New corporate presentation:
http://www.oromin.com/i/pdf/CorporatePresentation.pdf
Infinitely more understandable than the convoluted press releases. Yea!!!!!
Now the institutions, mo-mo drill hole players etc. have the excuse to buy buy buy.
The big boys must really be salivating.
thanks bernie .. i will be going over it in detail after dinner
The new corporate presentation is good! It also points to an issue I think is important when setting/discussing a buyout price for the OJVG property.
On page 4 of the Oromin presentation, it list past management discoveries. The Pierina Peru / Arequipa property was sold to Barrick for $1.1Billion. The presntation says it was a 7Million oz property…which is true…BUT…it was NOT at the time of the buyout.
Arequipa resources (43-101) were only 2.8Million oz. It was LESS than 3M oz! Barrick bought it at full gold price value…gold was around $350-380/oz at the time. Many of the trade journals wrote that Barrick had better hope for and was counting on it having much more gold than the resource calc. – which of course it did.
So…it naturally begs the question…Why would we sell OJVG for only $1Billion dollars? OJVG already has more resources than Arequipa did…we are a few decades down the road…gold is over $1000/oz…and we can more than reasonably predict the OJVG property will exceed 7M oz.
$1B at 43.5% at 105M shares is a $4.14 / share. Why would we accept that???
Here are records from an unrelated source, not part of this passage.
-- ===== src/ShoppingList/Sync/Delta.antt =====
-- The delta of `sync` in shopping_list_service.py after changes from elsewhere.
use prislapp.Prelude.{
  All-In, In, In-filter, In-map, List, Option, [], ap, arith, inl, inr, ltb, none, refl, some, sym,
  true, ℕ, ◌&&◌, ◌<◌, ◌==◌, ◌∙◌, ◌∷◌, ◌≡◌, ◌⊎◌,
}
use prislapp.Prelude.Sort.{In-sort_by, sort_by}
use prislapp.ShoppingList.Evolution.{Evolves, ItemsGrow, NewItem}
use prislapp.ShoppingList.Exec.{Env, World, ok, ◌>>=◌}
use prislapp.ShoppingList.Invariant.{Covered, Inv, IsCover}
use prislapp.ShoppingList.Model.{Db, Request, ShoppingList, ShoppingListItem}
use prislapp.ShoppingList.Mutations.{single}
use prislapp.ShoppingList.Mutations.Soundness.{single-Sound}
use prislapp.ShoppingList.Queries.{by_position}
use prislapp.ShoppingList.Responses.{list_response}
use prislapp.ShoppingList.Sequence.{sequence}
use prislapp.ShoppingList.Sync.{
  Conflict, SyncResponse, by_created_at, encode_sync_cursor, read_changes, sync_lists, synced_items,
}

In-grown :
    (user floor : ℕ) (item : ShoppingListItem) (xs ys : List ShoppingListItem)
    → ItemsGrow user floor xs ys
    → In item ys
    → In item xs ⊎ (floor < item.sync_seq)
In-grown user floor item [] ys gr i = inr (All-In (NewItem user floor) item ys gr i).stamped
In-grown user floor item (x ∷ xs) [] gr i = absurd gr
In-grown user floor item (x ∷ xs) (y ∷ ys) (st, gr) (inl e) = kept st.stamped
  where
    kept : (y ≡ x) ⊎ (floor < y.sync_seq) → In item (x ∷ xs) ⊎ (floor < item.sync_seq)
    kept (inl same) = inl (inl (sym same ∙ e))
    kept (inr above) = inr (rw (ap (λ (r : ShoppingListItem). r.sync_seq) e) at above)
In-grown user floor item (x ∷ xs) (y ∷ ys) (st, gr) (inr i) =
    later (In-grown user floor item xs ys gr i)
  where
    later : In item xs ⊎ (floor < item.sync_seq) → In item (x ∷ xs) ⊎ (floor < item.sync_seq)
    later (inl k) = inl (inr k)
    later (inr above) = inr above

covering_list :
    (item : ShoppingListItem) (rows : List ShoppingList)
    → Covered item rows
    → (row : ShoppingList) × In row rows × IsCover item row
covering_list item [] c = absurd c
covering_list item (row ∷ rows) (inl c) = (row, inl refl, c)
covering_list item (row ∷ rows) (inr c) =
    let (found_row, i, k) = covering_list item rows c in (found_row, inr i, k)

-- The line is in the delta after `since`: in the answer of its list, which is in the delta.
abbrev pub Delivered : ℕ → ℕ → ShoppingListItem → Db → Type 0
Delivered user since item db =
    (row : ShoppingList) × (row.id ≡ item.list_id)
    × In item (sort_by by_position (synced_items user (some since) row db.items))
    × In (list_response row (sort_by by_position (synced_items user (some since) row db.items)))
        (sync_lists user (some since) db)

stamped-Delivered :
    (user since : ℕ) (item : ShoppingListItem) (db : Db)
    → Inv db
    → In item db.items
    → item.user_id ≡ user
    → since < item.sync_seq
    → Delivered user since item db
stamped-Delivered user since item db inv i owner above =
    let (row, stands, cover) =
      covering_list item db.lists (All-In (λ x. Covered x db.lists) item db.items inv.covered i) in
    (
      row,
      cover.0,
      In-sort_by by_position item _
          (In-filter _ item db.items i (sent_item item row owner cover.0 above)),
      unfold sync_lists in
          In-map _ row _ (
            In-sort_by by_created_at row _ (
              In-filter _ row db.lists stands
                (sent_list row (cover.1 ∙ owner) (omega (arith, cover.2))))),
    )
  where
    sent_item :
        (x : ShoppingListItem) (row : ShoppingList)
        → x.user_id ≡ user
        → row.id ≡ x.list_id
        → since < x.sync_seq
        → (x.user_id == user && x.list_id == row.id && ltb since x.sync_seq) ≡ true
    sent_item x row a b c = ground arith

    sent_list :
        (row : ShoppingList)
        → row.user_id ≡ user
        → since < row.content_seq
        → (row.user_id == user && ltb since row.content_seq) ≡ true
    sent_list row a b = ground arith

-- If a device knows the tables as they were, a line of its account that any evolution of them has
-- added or changed is in the delta after the sequence that it knows.
changed-Delivered :
    (user : ℕ) (a b : Db) (item : ShoppingListItem)
    → Evolves user (sequence user a) a b
    → Inv b
    → In item b.items
    → ¬ In item a.items
    → item.user_id ≡ user
    → Delivered user (sequence user a) item b
changed-Delivered user a b item ev inv i new owner =
    cases (In-grown user (sequence user a) item a.items b.items ev.items i)
  where
    cases :
        In item a.items ⊎ (sequence user a < item.sync_seq)
        → Delivered user (sequence user a) item b
    cases (inl old) = absurd (new old)
    cases (inr above) = stamped-Delivered user (sequence user a) item b inv i owner above

-- From sound tables: a device that has synced up to the account's sequence gets, in the next delta,
-- every line of the account that a mutation (without a rival) has added or changed, tombstones among
-- them.
pub single-Delivered :
    (env : Env) (user mutation_id : ℕ) (request : Request) (w : World) (item : ShoppingListItem)
    → Inv w.db
    → In item (single env user mutation_id request none w).1.db.items
    → ¬ In item w.db.items
    → item.user_id ≡ user
    → Delivered user (sequence user w.db) item (single env user mutation_id request none w).1.db
single-Delivered env user mutation_id request w item inv i new owner =
    let (ev, after) = single-Sound env user mutation_id request w inv in
    changed-Delivered user w.db _ item ev after i new owner

-- A line that other sessions' mutations of the account add or change between the two reads of `sync`
-- is not lost: the answer's cursor lies before it, and the delta from that cursor has it.
pub read_changes-Delivered :
    (env : Env) (user : ℕ) (since : Option ℕ) (others : Db → Db) (conflicts : List Conflict)
    (w : World) (item : ShoppingListItem)
    → Evolves user (sequence user w.db) w.db (others w.db)
    → Inv (others w.db)
    → In item (others w.db).items
    → ¬ In item w.db.items
    → item.user_id ≡ user
    → (response : SyncResponse) × (seq : ℕ) × (time : ℕ) × ((read_changes env user since others
          conflicts w).0
        ≡ ok response)
      × (response.cursor ≡ encode_sync_cursor env user seq time)
      × Delivered user seq item (others w.db)
unfolding read_changes ◌>>=◌
read_changes-Delivered env user since others conflicts w item ev inv i new owner = (
  _,
  sequence user w.db,
  env.clock w.clock_reads,
  refl,
  refl,
  changed-Delivered user w.db (others w.db) item ev inv i new owner,
)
If Arequipa was $1.1B way back then, than OJVG is well worth more than $2Billion today..maybe $3B.
Always Hopeful!
h1
hoosier1
I totallyagree with your outlook on this. I could not even start to comprehend a 1B or 2B and when you look at it 3B still appears to be a low number, if you take those calcs plus the inflated price and even average it at $700 OZ, we are well into the 4.5B range.
Thoughts anyone?
DW
Depth By Price
Bid
Orders Volume Price
1 7,000 0.96
4 12,500 0.95
3 5,000 0.94
1 25,000 0.93
2 20,000 0.90
Ask
Price Volume Orders
0.98 1,000 1
0.99 2,000 1
1.00 27,200 5
1.01 2,500 1
1.03 10,000 1…Depth for Wednesday closing…dsh
Great artile about Junior Mining posted on the mainstrain news site money.cnn.com. Oromin is not metioned directly, but I think the junior market is due for a nice bump .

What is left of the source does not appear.